### TASK TO COMPLETE
Go through the entries and copy every line that has the string "false" in it.

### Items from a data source
▽
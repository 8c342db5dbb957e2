-- ===== src/Db/Mappings/View.antt =====
-- The mapping table as a partial function: to each application and indexer, the remote id.
use oxidarr.Common.{
  ℕ, ◌≡◌, refl, false, not, ◌&&◌, Option, none, some, List, [], ◌∷◌, ◌++◌, any, filter, ◌==◌, arith,
  if◌then◌else◌,
}
use oxidarr.Common.Int.{ℤ}
use oxidarr.Common.Outcome.{ok}
use oxidarr.Db.Rows.{StoredMapping, MappingRow}
use oxidarr.Db.Conn.{Tables}
use oxidarr.Db.Mappings.{is_pair, overwrite, to_stored, upsert}

abbrev pub remote_id : List StoredMapping → ℕ → ℕ → Option ℤ
remote_id [] app indexer = none
remote_id (m ∷ rest) app indexer =
    if is_pair app indexer m then some m.remote_indexer_id else remote_id rest app indexer

-- The function with one value written.
abbrev pub written : MappingRow → List StoredMapping → ℕ → ℕ → Option ℤ
written row ms app indexer =
    if row.app_id == app && row.indexer_id == indexer
    then some row.remote_indexer_id
    else remote_id ms app indexer

-- Overwriting touches the row of the pair, if there is one, and no other pair.
remote_id-overwrite :
    (row : MappingRow) (ms : List StoredMapping) (app indexer : ℕ)
    → remote_id (overwrite row ms) app indexer ≡ (
        if any (is_pair row.app_id row.indexer_id) ms
        then written row ms app indexer
        else remote_id ms app indexer)
unfolding overwrite
remote_id-overwrite row [] app indexer = refl
remote_id-overwrite row (m ∷ rest) app indexer =
    ground (arith, remote_id-overwrite row rest app indexer)

remote_id-append :
    (row : MappingRow) (ms : List StoredMapping) (app indexer : ℕ)
    → any (is_pair row.app_id row.indexer_id) ms ≡ false
    → remote_id (ms ++ to_stored row ∷ []) app indexer ≡ written row ms app indexer
remote_id-append row [] app indexer h = refl
remote_id-append row (m ∷ rest) app indexer h =
    ground (arith, remote_id-append row rest app indexer)

-- A successful `set` writes the function at its pair: a new remote id replaces the old one.
pub remote_id-upsert :
    (row : MappingRow) (t : Tables) {u : Unit {0}} {t' : Tables} (app indexer : ℕ)
    → upsert row t ≡ ok (u, t')
    → remote_id t'.mappings app indexer ≡ written row t.mappings app indexer
unfolding upsert
remote_id-upsert row t app indexer h = ground (
  arith,
  h,
  remote_id-overwrite row t.mappings app indexer,
  remote_id-append row t.mappings app indexer,
)

-- `delete` clears the function at its pair, and nowhere else.
pub remote_id-remove_pair :
    (app' indexer' : ℕ) (ms : List StoredMapping) (app indexer : ℕ)
    → remote_id (filter (λ m. not (is_pair app' indexer' m)) ms) app indexer
      ≡ (if app' == app && indexer' == indexer then none else remote_id ms app indexer)
remote_id-remove_pair app' indexer' [] app indexer = ground arith
remote_id-remove_pair app' indexer' (m ∷ rest) app indexer =
    ground (arith, remote_id-remove_pair app' indexer' rest app indexer)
△
### EXERCISE OUTPUT
  ℕ, ◌≡◌, refl, false, not, ◌&&◌, Option, none, some, List, [], ◌∷◌, ◌++◌, any, filter, ◌==◌, arith,
    → any (is_pair row.app_id row.indexer_id) ms ≡ false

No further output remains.